New York, June 29, 2022 (GLOBE NEWSWIRE) -- Reportlinker.com announces the release of the report "Global Machine learning as a Service Market Size, Share & Industry Trends Analysis Report By End User, By Offering, By Organization Size, By Application, By Regional Outlook and Forecast, 2022 2028" - https://www.reportlinker.com/p06289268/?utm_source=GNW It is designed to include artificial intelligence (AI) and cognitive computing functionalities. Machine learning as a service (MLaaS) refers to a group of cloud computing services that provide machine learning technologies.

Increased demand for cloud computing, as well as growth connected with artificial intelligence and cognitive computing, are major machine learning as service industry growth drivers. Growth in demand for cloud-based solutions, such as cloud computing, rise in adoption of analytical solutions, growth of the artificial intelligence & cognitive computing market, increased application areas, and a scarcity of trained professionals are all influencing the machine learning as a service market.
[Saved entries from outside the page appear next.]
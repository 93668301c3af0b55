-- ===== src/Compensation/Letters.antt =====
-- The administrator's decisions on dead letters (services/worker-service/src/main.ts).
pub mod Once
use kuajing.Base.{
  ℕ, ◌≡◌, refl, Bool, true, false, ◌&&◌, Option, none, some, List, [], ◌∷◌, if◌then◌else◌, find,
  map, take, or_else, arith, inl, inr, Option-cases, Bool-cases, ap, ◌∙◌,
}
use kuajing.Base.Text.{Text, text_eq, text_eq_iff, text_eq_refl, codes, trimmed, non_empty, trim}
use kuajing.Base.Failure.{
  http, Result, ok, err, ◌>>=◌, ◌>>◌, throw_if, conflict, not_found, committed,
}
use kuajing.Compensation.Tasks.{pending, TaskRow}
use kuajing.Compensation.Worker.{
  Letter, LetterStatus, open_letter, retrying_letter, discarded, LetterAudit, Database, update_task,
}

-- `RetryDecisionInput`
pub record DecisionInput : Type 0 where
  pub handler_id : Option Text
  pub decision_note : Option Text

pub record Decision : Type 0 where
  pub handler_id : Text
  pub decision_note : Text

-- `value?.trim().slice(0, n) || fallback`
abbrev pub cut_or : ℕ → Text → Option Text → Text
cut_or n fallback none = fallback
cut_or n fallback (some t) = or_else (non_empty (take n (trim t))) fallback

-- `normalizeDecision`
pub normalize_decision : DecisionInput → Decision
normalize_decision input = record {
  handler_id = cut_or 120 (codes "admin") input.handler_id;
  decision_note = cut_or 1000 (codes "manual retry from admin") input.decision_note;
}

abbrev pub has_id : Text → Letter → Bool
has_id id l = text_eq l.id id

abbrev pub is_open : LetterStatus → Bool
is_open open_letter = true
is_open retrying_letter = false
is_open discarded = false

-- `UPDATE dead_letter_tasks SET status = …, handler_id = …, decision_note = …`
abbrev pub decided : LetterStatus → Decision → Letter → Letter
decided status d l = record l {
  status = status;
  handler_id = some d.handler_id;
  decision_note = some d.decision_note;
}

abbrev pub decide_by_id : Text → LetterStatus → Decision → Letter → Letter
decide_by_id id status d l = if has_id id l then decided status d l else l

abbrev pub audit_of : Text → Decision → LetterStatus → LetterStatus → LetterAudit
audit_of id d old_status new_status = record {
  task_id = id;
  actor_id = d.handler_id;
  decision_note = d.decision_note;
  old_status = old_status;
  new_status = new_status;
}

-- `UPDATE compensation_tasks SET status = 'pending', attempt_count = 0, …`
abbrev pub restart : ℕ → TaskRow → TaskRow
restart now t = record t {
  status = pending;
  attempt_count = 0;
  next_run_at = now;
  last_error = none;
}

-- The writes of `retryDeadLetterTask`.
abbrev pub retried : ℕ → Text → Text → Decision → LetterStatus → Database → Database
retried now id source d old_status db = record {
  tasks = map (update_task source (restart now)) db.tasks;
  letters = map (decide_by_id id retrying_letter d) db.letters;
  audits = audit_of id d old_status retrying_letter ∷ db.audits;
}

-- The handler of `retryDeadLetterTask`; its answer is the letter as it is read back.
pub retry_handler : ℕ → Text → Decision → Database → Result (Option Letter × Database)
retry_handler now id d db = elim (find (has_id id) db.letters) [
  | none ↦ err (http not_found)
  | some l ↦
      if is_open l.status
      then elim l.source_task_id [
        | none ↦ err (http conflict)
        | some source ↦
            let db' = retried now id source d l.status db in ok (find (has_id id) db'.letters, db')
      ]
      else err (http conflict)
]

-- `retryDeadLetterTask`
pub retry_dead_letter_task : ℕ → Text → DecisionInput → Database → Result (Option Letter) × Database
retry_dead_letter_task now id input db =
    committed (retry_handler now id (normalize_decision input) db) db

-- `FROM compensation_tasks ct WHERE dlt.source_task_id = ct.id`
abbrev pub has_source : List TaskRow → Letter → Bool
has_source tasks l = elim l.source_task_id [
  | none ↦ false
  | some source ↦ elim (find (λ (t : TaskRow). text_eq t.id source) tasks) [
    | none ↦ false
    | some t ↦ true
  ]
]

abbrev pub can_discard : Text → List TaskRow → Letter → Bool
can_discard id tasks l = has_id id l && has_source tasks l && is_open l.status

abbrev pub discard_row : Text → List TaskRow → Decision → Letter → Letter
discard_row id tasks d l = if can_discard id tasks l then decided discarded d l else l

-- The handler of `discardDeadLetterTask`.
pub discard_handler : Text → Decision → Database → Result (Option Letter × Database)
discard_handler id d db = elim (find (can_discard id db.tasks) db.letters) [
  | none ↦ err (http not_found)
  | some l ↦
      let db' = record db {
        letters = map (discard_row id db.tasks d) db.letters;
        audits = audit_of id d open_letter discarded ∷ db.audits;
      } in
      ok (find (has_id id) db'.letters, db')
]

-- `discardDeadLetterTask`
pub discard_dead_letter_task : Text → DecisionInput → Database → Result (Option Letter) × Database
discard_dead_letter_task id input db =
    committed (discard_handler id (normalize_decision input) db) db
As more businesses migrate their data from on-premise storage to cloud storage, the necessity for efficient data organization grows. Since MLaaS platforms are essentially cloud providers, they enable solutions to appropriately manage data for machine learning experiments and data pipelines, making it easier for data engineers to access and process the data.

For organizations, MLaaS providers offer capabilities like data visualization and predictive analytics. They also provide APIs for sentiment analysis, facial recognition, creditworthiness evaluations, corporate intelligence, and healthcare, among other things. The actual computations of these processes are abstracted by MLaaS providers, so data scientists dont have to worry about them. For machine learning experimentation and model construction, some MLaaS providers even feature a drag-and-drop interface.

COVID-19 Impact

The COVID-19 pandemic has had a substantial impact on numerous countries health, economic, and social systems. It has resulted in millions of fatalities across the globe and has left the economic and financial systems in tatters. Individuals can benefit from knowledge about individual-level susceptibility variables in order to better understand and cope with their psychological, emotional, and social well-being.
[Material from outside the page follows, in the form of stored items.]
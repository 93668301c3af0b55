-- ===== src/Compensation/Letters/Once.antt =====
-- A dead letter is decided once (services/worker-service/src/main.ts).
use kuajing.Base.{
  ℕ, ◌≡◌, refl, true, false, none, some, List, [], ◌∷◌, find, map, arith, inl, inr, Bool-cases,
}
use kuajing.Base.Text.{Text, text_eq}
use kuajing.Base.Failure.{http, ok, err, conflict, not_found}
use kuajing.Compensation.Tasks.{TaskRow}
use kuajing.Compensation.Worker.{Letter, LetterStatus, retrying_letter, Database}
use kuajing.Compensation.Letters.{
  DecisionInput, Decision, normalize_decision, has_id, is_open, decided, decide_by_id,
  retry_handler, retry_dead_letter_task, can_discard, discard_handler, retried,
  discard_dead_letter_task,
}

module _ (id : Text) (d : Decision) where
  find-decide_by_id :
      (status : LetterStatus) (ls : List Letter) {l : Letter}
      → find (has_id id) ls ≡ some l
      → find (has_id id) (map (decide_by_id id status d) ls) ≡ some (decided status d l)
  find-decide_by_id status [] e = cc
  find-decide_by_id status (x ∷ ls) {l} e = elim (Bool-cases (text_eq x.id id)) [
    | inl h ↦ ground arith
    | inr h ↦ ground (arith, find-decide_by_id status ls {l = l})
  ]

  -- No row with the id is open once all of them are decided.
  find-can_discard :
      (tasks : List TaskRow) (status : LetterStatus) (ls : List Letter)
      → is_open status ≡ false
      → find (can_discard id tasks) (map (decide_by_id id status d) ls) ≡ none
  find-can_discard tasks status [] e = refl
  find-can_discard tasks status (x ∷ ls) e = elim (Bool-cases (text_eq x.id id)) [
    | inl h ↦ ground (arith, find-can_discard tasks status ls)
    | inr h ↦ ground (arith, find-can_discard tasks status ls)
  ]

module _ (now : ℕ) (id : Text) (input : DecisionInput) (db : Database) {l : Letter} where
  retry_accepted :
      find (has_id id) db.letters ≡ some l
      → is_open l.status ≡ true
      → {source : Text} → l.source_task_id ≡ some source
      → retry_dead_letter_task now id input db ≡ (
        ok (some (decided retrying_letter (normalize_decision input) l)),
        retried now id source (normalize_decision input) l.status db,
      )
  unfolding retry_dead_letter_task retry_handler
  retry_accepted there is_o named =
      rw (there, retry_handler)
        (rw is_o (
          rw named (
            rw (find-decide_by_id id (normalize_decision input) retrying_letter db.letters there)
              cc)))

  retry_refused :
      find (has_id id) db.letters ≡ some l
      → is_open l.status ≡ false
      → retry_dead_letter_task now id input db ≡ (err (http conflict), db)
  unfolding retry_dead_letter_task retry_handler
  retry_refused there is_o = rw (there, retry_handler) (rw is_o refl)

discard_refused :
    (id : Text) (input : DecisionInput) (db : Database)
    → find (can_discard id db.tasks) db.letters ≡ none
    → discard_dead_letter_task id input db ≡ (err (http not_found), db)
unfolding discard_dead_letter_task discard_handler
discard_refused id input db e = rw (e, discard_handler) refl

module _ (now later : ℕ) (id : Text) (input again : DecisionInput) (db : Database)
    {l : Letter} where
  -- A retry of an open dead letter that names its task is accepted and marks the letter; a second
  -- retry is then a conflict and a discard finds nothing, and neither changes the tables.
  pub retry_dead_letter_task_once :
      find (has_id id) db.letters ≡ some l
      → is_open l.status ≡ true
      → {source : Text} → l.source_task_id ≡ some source
      → let (answer, db') = retry_dead_letter_task now id input db in
        (answer ≡ ok (some (decided retrying_letter (normalize_decision input) l)))
        × (retry_dead_letter_task later id again db' ≡ (err (http conflict), db'))
        × (discard_dead_letter_task id again db' ≡ (err (http not_found), db'))
  retry_dead_letter_task_once there is_o {source} named =
      let d = normalize_decision input in
      rw (retry_accepted now id input db there is_o {source = source} named) (
        refl,
        retry_refused later id again _ (find-decide_by_id id d retrying_letter db.letters there)
            refl,
        discard_refused id again _ (find-can_discard id d _ retrying_letter db.letters refl),
      )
Artificial intelligence technology is likely to aid in the fight against the COVID-19 pandemic. COVID-19 cases are being tracked and traced in several countries utilizing population monitoring approaches enabled by machine learning and artificial intelligence. Researchers in South Korea, for example, track coronavirus cases using surveillance camera footage and geo-location data.

Market Growth Factors

Increased Demand for Cloud Computing and a Boom in Big Data

The industry is growing due to the increased acceptance of cloud computing technologies and the use of social media platforms. Cloud computing is now widely used by all companies that supply enterprise storage solutions. Data analysis is performed online using cloud storage, giving the advantage of evaluating real-time data collected on the cloud. Cloud computing enables data analysis from any location and at any time. Moreover, using the cloud to deploy machine learning allows businesses to get useful data, such as consumer behavior and purchasing trends, virtually from linked data warehouses, lowering infrastructure and storage costs. As a result, the machine learning as a service business is growing as cloud computing technology becomes more widely adopted.

Use of Machine Learning to Fuel Artificial Intelligence Systems

Machine learning is used to fuel reasoning, learning, and self-correction in artificial intelligence (AI) systems. Expert systems, speech recognition, and machine vision are examples of AI applications. The rise in the popularity of AI is due to current efforts such as big data infrastructure and cloud computing. Top companies across industries, including Google, Microsoft, and Amazon (Software & IT); Bloomberg, American Express (Financial Services); and Tesla and Ford (Automotive), have identified AI and cognitive computing as a key strategic driver and have begun investing in machine learning to develop more advanced systems. These top firms have also provided financial support to young start-ups in order to produce new creative technology.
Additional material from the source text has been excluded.